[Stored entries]
BEGIN

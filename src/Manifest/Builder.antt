-- ===== src/Manifest/Builder.antt =====
-- pkg/manifest/builder.go: a builder is a map from platforms to digests.
use image_tools.Manifest.{
  ManifestPlatform, ManifestImage, platform_equal, image_equal, contains_image, find_platform_index,
  remove_at, add, add_all,
}
use image_tools.Manifest.Platforms.{platform_equal_iff}
use image_tools.Prelude.{
  ℕ, zero, suc, ◌≡◌, refl, ap, ◌∙◌, inl, inr, true, false, Option, none, some, List, [], ◌∷◌, ◌++◌,
  arith, if◌then◌else◌, Bool-cases, Option-cases, Text, ==_iff,
}

-- The digest that a list of images gives for a platform.
unfoldable pub digest_of : List ManifestImage → ManifestPlatform → Option Text
digest_of [] q = none
digest_of (img ∷ images) q =
    if platform_equal img.platform q then some img.digest else digest_of images q

-- No two images of the list have the same platform.
abbrev pub IsDistinct : List ManifestImage → Type 0
IsDistinct [] = Unit
IsDistinct (img ∷ images) = (digest_of images img.platform ≡ none) × IsDistinct images

digest_of_absent :
    (images : List ManifestImage) (q : ManifestPlatform)
    → find_platform_index images q ≡ none
    → digest_of images q ≡ none
unfolding find_platform_index digest_of
digest_of_absent [] q h = refl
digest_of_absent (img ∷ images) q h = ground (arith, digest_of_absent images q)

-- One more image at the end answers for its platform only, if none did.
digest_of-append :
    (images : List ManifestImage) (p : ManifestImage) (q : ManifestPlatform)
    → digest_of images p.platform ≡ none
    → digest_of (images ++ p ∷ []) q
      ≡ (if platform_equal p.platform q then some p.digest else digest_of images q)
unfolding digest_of
digest_of-append [] p q h = refl
digest_of-append (img ∷ images) p q h = ground (
  arith,
  digest_of-append images p q,
  platform_equal_iff img.platform q,
  platform_equal_iff p.platform q,
  platform_equal_iff img.platform p.platform,
)

IsDistinct-append :
    (images : List ManifestImage) (p : ManifestImage)
    → digest_of images p.platform ≡ none
    → IsDistinct images
    → IsDistinct (images ++ p ∷ [])
unfolding digest_of
IsDistinct-append [] p h d = (refl, tt)
IsDistinct-append (img ∷ images) p h (fresh, d) = (
  ground (
    arith,
    digest_of-append images p img.platform,
    platform_equal_iff img.platform p.platform,
    platform_equal_iff p.platform img.platform,
  ),
  IsDistinct-append images p (ground arith) d,
)

digest_of-remove_at_absent :
    (i : ℕ) (images : List ManifestImage) (q : ManifestPlatform)
    → digest_of images q ≡ none
    → digest_of (remove_at i images) q ≡ none
unfolding digest_of remove_at
digest_of-remove_at_absent i [] q h = refl
digest_of-remove_at_absent zero (img ∷ images) q h = ground arith
digest_of-remove_at_absent (suc i) (img ∷ images) q h =
    ground (arith, digest_of-remove_at_absent i images q)

IsDistinct-remove_at :
    (i : ℕ) (images : List ManifestImage) → IsDistinct images → IsDistinct (remove_at i images)
unfolding remove_at
IsDistinct-remove_at i [] d = tt
IsDistinct-remove_at zero (img ∷ images) d = d.1
IsDistinct-remove_at (suc i) (img ∷ images) (fresh, d) =
    (digest_of-remove_at_absent i images img.platform fresh, IsDistinct-remove_at i images d)

-- Where a platform is found, and where it is found behind the first image.
found_first :
    (img : ManifestImage) (images : List ManifestImage) (p : ManifestPlatform)
    → find_platform_index (img ∷ images) p ≡ some 0
    → platform_equal img.platform p ≡ true
unfolding find_platform_index
found_first img images p h = elim (Option-cases (find_platform_index images p)) [
  | inl e ↦ ground arith
  | inr (i, e) ↦ ground arith
]

found_later :
    (img : ManifestImage) (images : List ManifestImage) (p : ManifestPlatform) (i : ℕ)
    → find_platform_index (img ∷ images) p ≡ some (suc i)
    → (platform_equal img.platform p ≡ false) × (find_platform_index images p ≡ some i)
unfolding find_platform_index
found_later img images p i h = elim (Option-cases (find_platform_index images p)) [
  | inl e ↦ ground arith
  | inr (j, e) ↦ ground arith
]

-- Without the image that was found, the list answers for all platforms but that one.
digest_of-remove_at :
    (images : List ManifestImage) (p q : ManifestPlatform) (i : ℕ)
    → IsDistinct images
    → find_platform_index images p ≡ some i
    → digest_of (remove_at i images) q ≡ (if platform_equal p q then none else digest_of images q)
unfolding digest_of remove_at find_platform_index
digest_of-remove_at [] p q i d h = cc
digest_of-remove_at (img ∷ images) p q zero (fresh, d) h = ground (
  arith,
  found_first img images p h,
  platform_equal_iff img.platform p,
  platform_equal_iff img.platform q,
  platform_equal_iff p q,
)
digest_of-remove_at (img ∷ images) p q (suc i) (fresh, d) h =
    let (other, found) = found_later img images p i h in
    ground (
      arith,
      digest_of-remove_at images p q i d found,
      platform_equal_iff img.platform p,
      platform_equal_iff img.platform q,
      platform_equal_iff p q,
    )

digest_of-contains_image :
    (images : List ManifestImage) (p : ManifestImage)
    → IsDistinct images
    → contains_image images p ≡ true
    → digest_of images p.platform ≡ some p.digest
unfolding digest_of contains_image image_equal
digest_of-contains_image [] p d h = cc
digest_of-contains_image (img ∷ images) p (fresh, d) h = ground (
  arith,
  digest_of-contains_image images p d,
  platform_equal_iff img.platform p.platform,
  ==_iff img.digest p.digest,
)

-- `Add` keeps the platforms of the images distinct.
pub add-IsDistinct :
    (images : List ManifestImage) (p : ManifestImage)
    → IsDistinct images
    → IsDistinct (add images p)
unfolding add
add-IsDistinct images p d = elim (Bool-cases (contains_image images p)) [
  | inl held ↦ rw held d
  | inr new ↦ elim (Option-cases (find_platform_index images p.platform)) [
    | inl absent ↦
        rw (new, absent) (IsDistinct-append images p (digest_of_absent images p.platform absent) d)
    | inr (i, found) ↦
        rw (new, found)
          (IsDistinct-append (remove_at i images) p
            (ground (
              arith,
              digest_of-remove_at images p.platform p.platform i d found,
              platform_equal_iff p.platform p.platform,
            ))
            (IsDistinct-remove_at i images d))
  ]
]

-- `Add` on images of distinct platforms: the digest listed for the platform of the added image is
-- now that image's, and for every other platform it is what it was.
pub digest_of-add :
    (images : List ManifestImage) (p : ManifestImage) (q : ManifestPlatform)
    → IsDistinct images
    → digest_of (add images p) q
      ≡ (if platform_equal p.platform q then some p.digest else digest_of images q)
unfolding add
digest_of-add images p q d = elim (Bool-cases (contains_image images p)) [
  | inl held ↦
      rw held
        (ground (arith, digest_of-contains_image images p d held, platform_equal_iff p.platform q))
  | inr new ↦ elim (Option-cases (find_platform_index images p.platform)) [
    | inl absent ↦
        rw (new, absent) (digest_of-append images p q (digest_of_absent images p.platform absent))
    | inr (i, found) ↦
        rw (new, found)
          (ground (
            arith,
            digest_of-append (remove_at i images) p q,
            digest_of-remove_at images p.platform q i d found,
            digest_of-remove_at images p.platform p.platform i d found,
            platform_equal_iff p.platform p.platform,
          ))
  ]
]

-- The digest of the last image for a platform, or what was there before.
unfoldable pub last_digest : List ManifestImage → ManifestPlatform → Option Text → Option Text
last_digest [] q before = before
last_digest (p ∷ ps) q before =
    last_digest ps q (if platform_equal p.platform q then some p.digest else before)

-- Adding images one after another keeps the platforms distinct, and lists for each platform the
-- digest of the last image added for it, or else the digest that was listed before.
pub digest_of-add_all :
    (images ps : List ManifestImage)
    → IsDistinct images
    → IsDistinct (add_all images ps)
      × ((q : ManifestPlatform)
          → digest_of (add_all images ps) q ≡ last_digest ps q (digest_of images q))
unfolding add_all last_digest
digest_of-add_all images [] d = (d, λ q. refl)
digest_of-add_all images (p ∷ ps) d =
    let (d', e) = digest_of-add_all (add images p) ps (add-IsDistinct images p d) in
    (d', λ q. e q ∙ ap (last_digest ps q) (digest_of-add images p q d))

END

* EXERCISE REQUIREMENTS *
Every line from the one containing "digest_of-add_all images (p" through the last line of the entries should be output exactly; nothing else belongs in the reply.

* EXERCISE RESPONSE *
digest_of-add_all images (p ∷ ps) d =
    let (d', e) = digest_of-add_all (add images p) ps (add-IsDistinct images p d) in
    (d', λ q. e q ∙ ap (last_digest ps q) (digest_of-add images p q d))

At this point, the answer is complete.